• [TASK REQUIREMENTS]
Take every line from the entries below that includes the word "behind" and copy it.

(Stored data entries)
========
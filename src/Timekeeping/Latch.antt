-- ===== src/Timekeeping/Latch.antt =====
-- What the latch of seqlock.rs gives the reader of timekeeping.rs.
use linux_kernel_development.Prelude.{
  ℕ, zero, suc, ◌+◌, ◌-◌, ◌*◌, ◌%◌, ◌^◌, ◌≤◌, ◌<◌, ◌≡◌, ap, sym, ◌∙◌, refl, arith, bit_and,
}
use linux_kernel_development.Prelude.{Bool, true, false, not, ◌↔◌, Bool-cases, inl, inr, ◌==◌, some}
use linux_kernel_development.Prelude.{Outcome, ok, ◌>>=◌}
use linux_kernel_development.Build.{Build}
use linux_kernel_development.Seqlock.{
  seq_prop, seq_prop_ptr, unlikely, read_once, read_volatile, do_read_seqcount_retry,
  do_read_seqcount_retry_wrap, read_seqcount_retry, raw_read_seqcount_latch,
  read_seqcount_latch_retry, read_seqcount_latch_retry_lem,
}
use linux_kernel_development.Timekeeping.Returning.{time_of-Returns}
use linux_kernel_development.Timekeeping.{
  TkReadBase, TimeKeeperFast, latch_of, base_at, time_of, tkr_at, round, ktime_get_fast_ns,
}

-- The kernel's side of the latch: `count` is the number of updates begun, of which `seq` is the low
-- word; it never falls, a round sees fewer than 2 ^ 32 updates, and the copy that the count selects
-- is not written while the count stands.
pub record Latched (seen : ℕ → TimeKeeperFast) : Type 0 where
  pub count : ℕ → ℕ
  pub seq_count : (k : ℕ) → (seen k).seq ≡ count k % 2 ^ 32
  pub grows : (k : ℕ) → count k ≤ count (k + 1)
  pub few : (k : ℕ) → count (k + 8) < count k + 2 ^ 32
  pub steady :
      (k : ℕ)
      → count (k + 1) ≡ count k
      → base_at (seen (k + 1)) (bit_and (seen k).seq 1) ≡ base_at (seen k) (bit_and (seen k).seq 1)

-- The time of one copy of the clock's data, with the clock's reading.
abbrev pub time_by : Build → ℕ → TkReadBase → ℕ → Outcome ℕ
time_by b validate tkr cycles =
    time_of b validate tkr.base cycles tkr.cycle_last tkr.mask tkr.mult tkr.xtime_nsec tkr.shift

module _ (seen : ℕ → TimeKeeperFast) (latch : Latched seen) where
  count-grows : (k j : ℕ) → latch.count k ≤ latch.count (k + j)
  count-grows k zero = let same : k + 0 ≡ k = omega arith in rw same (omega arith)
  count-grows k (suc j) =
      let next : k + suc j ≡ k + j + 1 = omega arith in
      rw next (omega (arith, count-grows k j, latch.grows (k + j)))

  -- Equal words mean that there was no update at all.
  unchanged : (n : ℕ) → (seen (n + 8)).seq ≡ (seen n).seq → latch.count (n + 8) ≡ latch.count n
  unchanged n same =
      omega (arith, same, latch.seq_count n, latch.seq_count (n + 8), latch.few n, count-grows n 8)

  -- Under a writer that keeps to the latch, the test at the end of a read section never panics, for
  -- all that `seq_prop` may, and it asks for a repetition if and only if an update began since the
  -- section did: the 32-bit word that it compares never comes back to an old value.
  read_seqcount_latch_retry-count :
      (n : ℕ)
      → (retry : Bool) × (read_seqcount_latch_retry
            (latch_of seen)
            (raw_read_seqcount_latch (latch_of seen) n)
            (n + 8)
          ≡ ok retry)
        × ((retry ≡ true) ↔ (latch.count n < latch.count (n + 8)))
  read_seqcount_latch_retry-count n =
      let (retry, tested, differs) = read_seqcount_latch_retry_lem (latch_of seen) n (n + 8) in
      let first = latch.seq_count n in
      let last = latch.seq_count (n + 8) in
      let grown = count-grows n 8 in
      (
        retry,
        tested,
        (
          λ again. let ne = differs.0 again in grind (arith, ne, first, last, grown),
          λ lt. differs.1 (λ same. omega (arith, lt, unchanged n same)),
        ),
      )

  -- The copy that the round selected is the same at each of its loads.
  held :
      (n j : ℕ)
      → latch.count (n + 8) ≡ latch.count n
      → j ≤ 8
      → base_at (seen (n + j)) (bit_and (seen n).seq 1) ≡ base_at (seen n) (bit_and (seen n).seq 1)
  held n zero quiet le = let same : n + 0 ≡ n = omega arith in rw same refl
  held n (suc j) quiet le =
      let next : n + suc j ≡ n + j + 1 = omega arith in
      let behind : n + j + 1 + (7 - j) ≡ n + 8 = omega arith in
      let last : latch.count (n + j + 1 + (7 - j)) ≡ latch.count (n + 8) = ap latch.count behind in
      let grown = count-grows (n + j + 1) (7 - j) in
      let here : latch.count (n + j) ≡ latch.count n =
        omega (arith, grown, last, quiet, count-grows n j, latch.grows (n + j)) in
      let there : latch.count (n + j + 1) ≡ latch.count (n + j) =
        omega (arith, grown, last, quiet, here, latch.grows (n + j)) in
      let word : (seen (n + j)).seq ≡ (seen n).seq =
        omega (arith, here, latch.seq_count n, latch.seq_count (n + j)) in
      let at : ℕ → ℕ → TkReadBase = λ k word'. base_at (seen k) (bit_and word' 1) in
      rw next (
        ap (at (n + j + 1)) (sym word)
        ∙ latch.steady (n + j) there
        ∙ ap (at (n + j)) word
        ∙ held n j quiet (omega arith))

-- The copy that the round from load `n` selects, and the clock's reading in that round.
abbrev pub selected : (ℕ → TimeKeeperFast) → ℕ → TkReadBase
selected seen n = base_at (seen n) (bit_and (seen n).seq 1)

abbrev pub reading : (ℕ → TimeKeeperFast) → (ℕ → ℕ → ℕ) → ℕ → ℕ
reading seen clock_read n = clock_read (selected seen n).clock (n + 2)

module _ (b : Build) (validate : ℕ) (seen : ℕ → TimeKeeperFast) (clock_read : ℕ → ℕ → ℕ)
    (latch : Latched seen) where
  -- Under a writer that keeps to the latch: if the sequence word is the same at the end of a round
  -- as at its start, the round is not repeated, and its time is that of one copy of the clock's
  -- data as it stood when the round began: the loads in between never mix two updates.
  pub round-time_by :
      (n : ℕ)
      → (seen (n + 8)).seq ≡ (seen n).seq
      → round b validate seen clock_read n ≡ (
          time_by b validate (selected seen n) (reading seen clock_read n) >>= λ now.
          ok (now, false))
  unfolding round tkr_at read_seqcount_latch_retry read_seqcount_retry seq_prop seq_prop_ptr
      do_read_seqcount_retry do_read_seqcount_retry_wrap unlikely read_once read_volatile
      raw_read_seqcount_latch
  round-time_by n same =
      let quiet = unchanged seen latch n same in
      let kept = λ (j : ℕ) (le : j ≤ 8). held seen latch n j quiet le in
      rw
        (
          kept 1 (omega arith),
          kept 2 (omega arith),
          kept 3 (omega arith),
          kept 4 (omega arith),
          kept 5 (omega arith),
          kept 6 (omega arith),
          kept 7 (omega arith),
        )
        (ground (arith, same))

  -- A round ends with a time, and is repeated if the sequence word has changed.
  round-Returns :
      b.overflow_checks ≡ false
      → (n : ℕ)
      → (now : ℕ) × (round b validate seen clock_read n
          ≡ ok (now, not ((seen (n + 8)).seq == (seen n).seq)))
  unfolding round read_seqcount_latch_retry read_seqcount_retry seq_prop seq_prop_ptr
      do_read_seqcount_retry do_read_seqcount_retry_wrap unlikely read_once read_volatile
      raw_read_seqcount_latch
  round-Returns wraps n =
      let tkr : ℕ → TkReadBase = tkr_at b validate seen clock_read n in
      let (now, timed) =
        time_of-Returns b wraps validate (tkr (n + 1)).base (clock_read (tkr (n + 2)).clock (n + 2))
          (tkr (n + 3)).cycle_last (tkr (n + 4)).mask (tkr (n + 5)).mult (tkr (n + 6)).xtime_nsec
          (tkr (n + 7)).shift in
      (now, rw timed refl)

  ends-quiet :
      b.overflow_checks ≡ false
      → (rounds n : ℕ) → (seen (n + 8)).seq ≡ (seen n).seq
      → (now : ℕ) × (ktime_get_fast_ns b validate seen clock_read (suc rounds) n ≡ ok (some now))
        × (time_by b validate (selected seen n) (reading seen clock_read n) ≡ ok now)
  unfolding ktime_get_fast_ns
  ends-quiet wraps rounds n same =
      let tkr : TkReadBase = selected seen n in
      let (now, timed) =
        time_of-Returns b wraps validate tkr.base (reading seen clock_read n) tkr.cycle_last
          tkr.mask tkr.mult tkr.xtime_nsec tkr.shift in
      (now, rw (round-time_by n same, timed) refl, timed)

  -- Under a writer that keeps to the latch, and where overflow wraps around, the loop ends: if the
  -- sequence word stays the same over one of the rounds that are left, the loop returns the time of
  -- one copy of the clock's data as it stood at the start of that round or of an earlier one.
  pub ktime_get_fast_ns_lem :
      b.overflow_checks ≡ false
      → (rounds r n : ℕ) → r < rounds
      → (seen (n + 9 * r + 8)).seq ≡ (seen (n + 9 * r)).seq
      → (k : ℕ) × (now : ℕ) × (k ≤ r)
        × (ktime_get_fast_ns b validate seen clock_read rounds n ≡ ok (some now))
        × (time_by b validate (selected seen (n + 9 * k)) (reading seen clock_read (n + 9 * k))
            ≡ ok now)
  unfolding ktime_get_fast_ns
  ktime_get_fast_ns_lem wraps zero r n lt same = absurd (omega arith)
  ktime_get_fast_ns_lem wraps (suc rounds) zero n lt same =
      let start : n + 9 * 0 ≡ n = omega arith in
      let (now, returned, timed) = ends-quiet wraps rounds n (rw start at same) in
      (0, now, omega arith, returned, rw start timed)
  ktime_get_fast_ns_lem wraps (suc rounds) (suc r) n lt same =
      elim (Bool-cases ((seen (n + 8)).seq == (seen n).seq)) [
        | inl quiet ↦
            let start : n + 9 * 0 ≡ n = omega arith in
            let (now, returned, timed) = ends-quiet wraps rounds n (ground (arith, quiet)) in
            (0, now, omega arith, returned, rw start timed)
        | inr disturbed ↦
            let place : n + 9 * suc r ≡ n + 9 + 9 * r = omega arith in
            let (lost, repeated) = round-Returns wraps n in
            let (k, now, before, returned, timed) =
              ktime_get_fast_ns_lem wraps rounds r (n + 9) (omega arith) (rw place at same) in
            let found_at : n + 9 * suc k ≡ n + 9 + 9 * k = omega arith in
            (suc k, now, omega arith, rw (repeated, disturbed) returned, rw found_at timed)
      ]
========
• [EXERCISE ANSWER]
      let behind : n + j + 1 + (7 - j) ≡ n + 8 = omega arith in
      let last : latch.count (n + j + 1 + (7 - j)) ≡ latch.count (n + 8) = ap latch.count behind in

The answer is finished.